• [EXERCISE BRIEF] Below are some records; output exactly the lines from the line with "ensure_provisioned-IsSound i = generation-IsSound" to the line with "(Held i) (start_provision", both ends kept, and nothing more.
--- --- ---
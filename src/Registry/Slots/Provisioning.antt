-- ===== src/Registry/Slots/Provisioning.antt =====
-- The slots across `provision` and `reconcile`.
use stagepilot_beta.Common.{ℕ, String, false, not, ◌&&◌, Option, none, some, refl, is_some}
use stagepilot_beta.Registry.Data.{World, Env, Installation, CachedToken, Tunnel, Body, failure}
use stagepilot_beta.Registry.Action.{pure, modify, remember_token}
use stagepilot_beta.Registry.Device.{
  apply_device_name, apply_device_name-id, apply_device_name-revoked,
}
use stagepilot_beta.Registry.Names.{is_generation}
use stagepilot_beta.Registry.Provider.{is_text}
use stagepilot_beta.Registry.Replies.{
  now_seconds, cached_provision, is_revoking, is_provisioned, is_disabled, reply,
}
use stagepilot_beta.Registry.Forms.{Input}
use stagepilot_beta.Registry.Provision.{
  other_text, device_of, mark_enabling, mark_provisioned, provision_resources, finish_provision,
  ensure_generation, ensure_provisioned, start_provision, accept_generation, check_generation,
  provision, note_device, settle, reconcile,
}
use stagepilot_beta.Registry.Rules.Basic.{Keeps}
use stagepilot_beta.Registry.Rules.Calls.{provision_resources-Keeps}
use stagepilot_beta.Registry.Rules.Leads.{
  Leads, Leads-bind, Leads-pure, Leads-if, Leads-elim, Leads-keep, Leads-throw,
}
use stagepilot_beta.Registry.Slots.Invariant.{IsSound, Holds, save-Holds}
use stagepilot_beta.Registry.Slots.Revoking.{disable-IsSound, keep_now, cf-Holds}

module _ (env : Env) where
  abbrev limit : ℕ
  limit = env.installation_limit

  -- What a handler returns as its installation, and the invariant for it.
  abbrev pub Held : Installation → World → Type 0
  Held i w = Holds limit 0 i w

  pub Held-IsSound : (i : Installation) (w : World) → Held i w → IsSound limit 0 w
  Held-IsSound i w h = h.sound

  remember-Held :
      (i : Installation) (id : String) (t : CachedToken) → Keeps (Held i) (remember_token id t)
  unfolding remember_token modify
  remember-Held i id t = record {
    at = λ w h. record {
      sound = record {
        counter = h.sound.counter;
        stored = h.sound.stored;
        covered = h.sound.covered;
        bounded = h.sound.bounded;
        keyed = h.sound.keyed;
      };
      old = h.old;
      known = h.known;
      same = h.same;
    };
  }

  finish-IsSound :
      (i : Installation) (r : Tunnel × String)
      → Leads (IsSound limit 0) (Held i) (finish_provision env i r) (λ _. IsSound limit 0)
  unfolding finish_provision mark_provisioned now_seconds
  finish-IsSound i (t, token) =
      Leads-bind (IsSound limit 0) _ _
        (Leads-keep (IsSound limit 0) (now_seconds env) (Held-IsSound i) (now_seconds-Keeps _))
        λ seconds. Leads-bind (IsSound limit 0) _ _ (keep_now env (Held-IsSound i)) λ at.
          let ready = mark_provisioned t.id seconds at i in
          Leads-bind (IsSound limit 0) _ _ (save-Holds limit {i = i} ready refl refl) λ _.
            Leads-bind (IsSound limit 0) _ _
              (Leads-keep (IsSound limit 0) (remember_token i.id _) (Held-IsSound ready)
                (remember-Held ready i.id _))
              λ _. Leads-pure (IsSound limit 0) _ (λ w h. h.sound)
    where
      now_seconds-Keeps : (P : World → Type 0) → Keeps P (now_seconds env)
      now_seconds-Keeps P = record { at = λ w h. h }

  cached-Keeps : (P : World → Type 0) (i : Installation) → Keeps P (cached_provision env i)
  unfolding cached_provision
  cached-Keeps P i = record { at = λ w h. h }

  keep_cached :
      (i j : Installation) → Leads (IsSound limit 0) (Held i) (cached_provision env j) (λ _. Held i)
  keep_cached i j =
      Leads-keep (IsSound limit 0) (cached_provision env j) (Held-IsSound i) (cached-Keeps _ j)

  generation-IsSound :
      (i : Installation) (generation : Option String)
      → Leads (IsSound limit 0) (Held i) (ensure_generation env i generation) (λ _. IsSound limit 0)
  unfolding ensure_generation
  generation-IsSound i none = Leads-throw (IsSound limit 0) _ (Held-IsSound i)
  generation-IsSound i (some g) = Leads-bind (IsSound limit 0) _ _ (keep_cached i i) λ cached.
      Leads-elim (IsSound limit 0) cached _ _
        (Leads-bind (IsSound limit 0) _ _
          (Leads-keep (IsSound limit 0) (provision_resources env i g) (Held-IsSound i)
            (provision_resources-Keeps env _ (cf-Holds env 0 i) i g))
          λ r. finish-IsSound i r)
        (λ response. Leads-pure (IsSound limit 0) response (Held-IsSound i))

  pub ensure_provisioned-IsSound :
      (i : Installation)
      → Leads (IsSound limit 0) (Held i) (ensure_provisioned env i) (λ _. IsSound limit 0)
  unfolding ensure_provisioned
  ensure_provisioned-IsSound i = generation-IsSound i i.generation

  start-IsSound :
      (i : Installation) (g : String) (device : Option String)
      → Leads (IsSound limit 0) (Held i) (start_provision env i g device) (λ _. IsSound limit 0)
  unfolding start_provision mark_enabling
  start-IsSound i g device = Leads-bind (IsSound limit 0) _ _ (keep_now env (Held-IsSound i)) λ at.
      let marked = mark_enabling g at i in
      Leads-bind (IsSound limit 0) _ _
        (save-Holds limit {i = i} (apply_device_name marked device).0
          (apply_device_name-id marked device) (apply_device_name-revoked marked device))
        λ _. ensure_provisioned-IsSound (apply_device_name marked device).0

  accept-IsSound :
      (i : Installation) (g : String) (device : Option String)
      → Leads (IsSound limit 0) (Held i) (accept_generation env i g device) (λ _. IsSound limit 0)
  unfolding accept_generation
  accept-IsSound i g device =
      Leads-if (IsSound limit 0) (is_revoking i.phase) _ _
        (refuse i (failure "disable must finish first"))
        (Leads-if (IsSound limit 0) (other_text i.generation g) _ _
          (refuse i (failure "generation conflict"))
          (Leads-bind (IsSound limit 0) _ _
            (Leads-if (IsSound limit 0) (is_text i.generation g && is_provisioned i.phase) _ _
              (keep_cached i i) (Leads-pure (IsSound limit 0) none (λ w h. h)))
            λ cached.
              Leads-elim (IsSound limit 0) cached _ _
                (Leads-if (IsSound limit 0)
                  (not (is_some i.generation) && is_text i.last_generation g) _ _
                  (refuse i (failure "a new generation is required")) (start-IsSound i g device))
                (λ response. Leads-pure (IsSound limit 0) response (Held-IsSound i))))
    where
      refuse :
          (i : Installation) (b : Body)
          → Leads (IsSound limit 0) (Held i) (pure (reply 409 b)) (λ _. IsSound limit 0)
      refuse i b = Leads-pure (IsSound limit 0) (reply 409 b) (Held-IsSound i)

  check-IsSound :
      (g device : Option String) (i : Installation)
      → Leads (IsSound limit 0) (Held i) (check_generation env g device i) (λ _. IsSound limit 0)
  unfolding check_generation
  check-IsSound none device i = Leads-pure (IsSound limit 0) _ (Held-IsSound i)
  check-IsSound (some g) device i =
      Leads-if (IsSound limit 0) (is_generation g) _ _ (accept-IsSound i g device)
        (Leads-pure (IsSound limit 0) _ (Held-IsSound i))

  pub provision-IsSound :
      (input : Option Input) (i : Installation)
      → Leads (IsSound limit 0) (Held i) (provision env input i) (λ _. IsSound limit 0)
  unfolding provision
  provision-IsSound none i = Leads-throw (IsSound limit 0) _ (Held-IsSound i)
  provision-IsSound (some input) i = check-IsSound input.generation input.device_name i

  pub note-Held :
      (i : Installation) (device : Option String)
      → Leads (IsSound limit 0) (Held i) (note_device env i device) Held
  unfolding note_device
  note-Held i device =
      Leads-if (IsSound limit 0) (apply_device_name i device).1 _ _
        (Leads-bind (IsSound limit 0) _ _ (keep_now env (Held-IsSound i)) λ at.
          let dated = record ((apply_device_name i device).0) { updated_at = at } in
          Leads-bind (IsSound limit 0) _ _
            (save-Holds limit {i = i} dated (apply_device_name-id i device)
              (apply_device_name-revoked i device))
            λ _. Leads-pure (IsSound limit 0) dated (λ w h. h))
        (Leads-pure (IsSound limit 0) i (λ w h. h))

  pub settle-IsSound :
      (i : Installation) → Leads (IsSound limit 0) (Held i) (settle env i) (λ _. IsSound limit 0)
  unfolding settle
  settle-IsSound i =
      Leads-if (IsSound limit 0) (is_disabled i.phase) _ _
        (Leads-pure (IsSound limit 0) _ (Held-IsSound i)) (disable-IsSound env i false)

  pub reconcile-IsSound :
      (input : Option Input) (i : Installation)
      → Leads (IsSound limit 0) (Held i) (reconcile env input i) (λ _. IsSound limit 0)
  unfolding reconcile
  reconcile-IsSound input i =
      Leads-bind (IsSound limit 0) _ _ (note-Held i (device_of env input)) λ named.
        Leads-if (IsSound limit 0) (named.desired_enabled && is_some named.generation) _ _
          (Leads-bind (IsSound limit 0) _ _ (keep_cached named named) λ cached.
            Leads-elim (IsSound limit 0) cached _ _ (ensure_provisioned-IsSound named)
              (λ response. Leads-pure (IsSound limit 0) response (Held-IsSound named)))
          (settle-IsSound named)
--- --- ---
• [ANSWER TO THIS EXERCISE]
  ensure_provisioned-IsSound i = generation-IsSound i i.generation

  start-IsSound :
      (i : Installation) (g : String) (device : Option String)
      → Leads (IsSound limit 0) (Held i) (start_provision env i g device) (λ _. IsSound limit 0)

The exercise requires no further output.